Answer with a bare number: the count of lines in the records below that have the word "escaped".

··········

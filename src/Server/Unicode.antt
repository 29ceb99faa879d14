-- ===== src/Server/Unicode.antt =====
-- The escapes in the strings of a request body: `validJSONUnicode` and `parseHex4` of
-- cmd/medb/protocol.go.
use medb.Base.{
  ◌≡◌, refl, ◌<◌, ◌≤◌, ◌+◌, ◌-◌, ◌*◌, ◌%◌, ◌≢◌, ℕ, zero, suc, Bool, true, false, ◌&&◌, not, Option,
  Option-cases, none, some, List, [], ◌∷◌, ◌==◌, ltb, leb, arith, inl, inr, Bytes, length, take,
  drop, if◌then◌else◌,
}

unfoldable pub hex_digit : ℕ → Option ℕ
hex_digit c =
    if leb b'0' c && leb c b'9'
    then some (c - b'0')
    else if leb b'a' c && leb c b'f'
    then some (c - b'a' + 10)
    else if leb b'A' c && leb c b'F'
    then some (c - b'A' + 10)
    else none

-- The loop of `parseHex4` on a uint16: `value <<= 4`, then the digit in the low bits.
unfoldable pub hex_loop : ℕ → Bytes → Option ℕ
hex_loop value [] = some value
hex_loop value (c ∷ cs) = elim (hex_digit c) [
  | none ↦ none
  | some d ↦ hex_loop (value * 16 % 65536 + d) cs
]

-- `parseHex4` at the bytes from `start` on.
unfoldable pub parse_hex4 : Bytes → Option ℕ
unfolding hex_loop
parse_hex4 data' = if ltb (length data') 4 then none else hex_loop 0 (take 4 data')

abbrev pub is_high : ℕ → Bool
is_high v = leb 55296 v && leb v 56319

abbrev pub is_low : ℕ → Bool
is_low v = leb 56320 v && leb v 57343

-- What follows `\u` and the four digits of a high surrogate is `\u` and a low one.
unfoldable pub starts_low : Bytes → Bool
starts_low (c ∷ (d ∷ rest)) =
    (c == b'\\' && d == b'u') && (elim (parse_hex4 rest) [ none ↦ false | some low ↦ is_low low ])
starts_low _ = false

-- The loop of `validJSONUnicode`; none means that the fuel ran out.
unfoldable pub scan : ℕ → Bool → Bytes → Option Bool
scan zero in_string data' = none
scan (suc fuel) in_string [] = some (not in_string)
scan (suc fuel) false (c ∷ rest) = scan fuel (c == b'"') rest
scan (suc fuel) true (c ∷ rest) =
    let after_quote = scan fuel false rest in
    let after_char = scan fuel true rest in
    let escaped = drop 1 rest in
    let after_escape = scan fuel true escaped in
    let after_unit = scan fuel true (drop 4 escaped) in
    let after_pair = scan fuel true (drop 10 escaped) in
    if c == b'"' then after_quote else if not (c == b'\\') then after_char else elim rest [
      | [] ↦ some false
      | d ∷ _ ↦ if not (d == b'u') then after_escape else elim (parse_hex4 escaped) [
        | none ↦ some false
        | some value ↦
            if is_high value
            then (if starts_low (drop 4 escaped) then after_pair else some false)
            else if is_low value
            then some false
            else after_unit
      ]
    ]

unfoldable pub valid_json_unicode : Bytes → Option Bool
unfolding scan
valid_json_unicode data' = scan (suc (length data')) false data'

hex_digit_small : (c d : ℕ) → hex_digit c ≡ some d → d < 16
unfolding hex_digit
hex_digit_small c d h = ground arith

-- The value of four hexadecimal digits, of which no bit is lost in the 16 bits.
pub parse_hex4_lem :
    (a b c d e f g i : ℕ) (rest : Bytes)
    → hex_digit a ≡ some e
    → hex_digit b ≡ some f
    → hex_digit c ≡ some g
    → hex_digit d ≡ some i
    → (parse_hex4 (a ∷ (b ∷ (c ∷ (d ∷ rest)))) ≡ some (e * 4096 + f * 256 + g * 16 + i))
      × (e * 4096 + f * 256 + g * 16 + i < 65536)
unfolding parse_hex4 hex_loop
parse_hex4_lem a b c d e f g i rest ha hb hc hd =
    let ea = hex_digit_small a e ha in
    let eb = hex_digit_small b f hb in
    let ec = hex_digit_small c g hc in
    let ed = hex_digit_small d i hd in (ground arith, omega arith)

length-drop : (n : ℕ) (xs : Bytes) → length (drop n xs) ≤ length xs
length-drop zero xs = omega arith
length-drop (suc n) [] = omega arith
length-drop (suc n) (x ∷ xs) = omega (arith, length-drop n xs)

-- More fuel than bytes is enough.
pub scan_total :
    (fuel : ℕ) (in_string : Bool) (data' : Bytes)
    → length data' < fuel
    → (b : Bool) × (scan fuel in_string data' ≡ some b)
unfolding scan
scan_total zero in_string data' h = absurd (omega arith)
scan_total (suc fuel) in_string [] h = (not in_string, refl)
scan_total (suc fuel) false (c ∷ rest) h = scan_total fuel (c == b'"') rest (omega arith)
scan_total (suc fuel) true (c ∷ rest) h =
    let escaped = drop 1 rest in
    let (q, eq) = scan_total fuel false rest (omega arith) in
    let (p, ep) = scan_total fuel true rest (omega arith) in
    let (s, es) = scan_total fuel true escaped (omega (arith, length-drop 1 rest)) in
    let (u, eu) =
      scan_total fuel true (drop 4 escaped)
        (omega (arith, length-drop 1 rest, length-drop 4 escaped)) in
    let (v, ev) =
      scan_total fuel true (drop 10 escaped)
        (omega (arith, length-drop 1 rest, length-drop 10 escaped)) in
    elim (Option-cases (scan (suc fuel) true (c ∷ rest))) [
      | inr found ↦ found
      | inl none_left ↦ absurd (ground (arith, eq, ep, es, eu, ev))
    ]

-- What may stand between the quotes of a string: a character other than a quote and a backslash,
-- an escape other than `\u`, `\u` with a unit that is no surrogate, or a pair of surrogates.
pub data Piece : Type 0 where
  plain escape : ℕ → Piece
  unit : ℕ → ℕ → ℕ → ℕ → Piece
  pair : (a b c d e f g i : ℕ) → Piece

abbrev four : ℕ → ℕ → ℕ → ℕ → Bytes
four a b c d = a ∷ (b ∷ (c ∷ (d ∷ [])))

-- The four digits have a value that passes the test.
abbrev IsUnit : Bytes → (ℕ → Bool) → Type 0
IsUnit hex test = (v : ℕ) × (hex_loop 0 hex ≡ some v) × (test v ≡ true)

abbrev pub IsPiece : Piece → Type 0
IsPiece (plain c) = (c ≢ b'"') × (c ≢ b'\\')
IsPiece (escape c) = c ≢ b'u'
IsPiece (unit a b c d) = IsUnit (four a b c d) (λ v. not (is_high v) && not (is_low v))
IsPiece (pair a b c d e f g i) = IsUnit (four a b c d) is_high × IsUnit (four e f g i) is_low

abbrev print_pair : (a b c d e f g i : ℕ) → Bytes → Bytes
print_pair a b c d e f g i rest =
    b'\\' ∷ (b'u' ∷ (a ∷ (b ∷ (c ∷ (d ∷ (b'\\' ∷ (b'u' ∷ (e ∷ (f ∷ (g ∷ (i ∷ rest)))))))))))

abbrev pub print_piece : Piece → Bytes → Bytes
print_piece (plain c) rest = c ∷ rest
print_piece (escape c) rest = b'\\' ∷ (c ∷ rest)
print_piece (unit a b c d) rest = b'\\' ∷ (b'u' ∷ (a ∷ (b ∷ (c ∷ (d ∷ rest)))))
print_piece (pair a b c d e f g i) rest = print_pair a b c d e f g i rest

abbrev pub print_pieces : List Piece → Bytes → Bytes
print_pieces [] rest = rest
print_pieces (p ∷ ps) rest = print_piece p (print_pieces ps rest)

··········

### Result of this task
12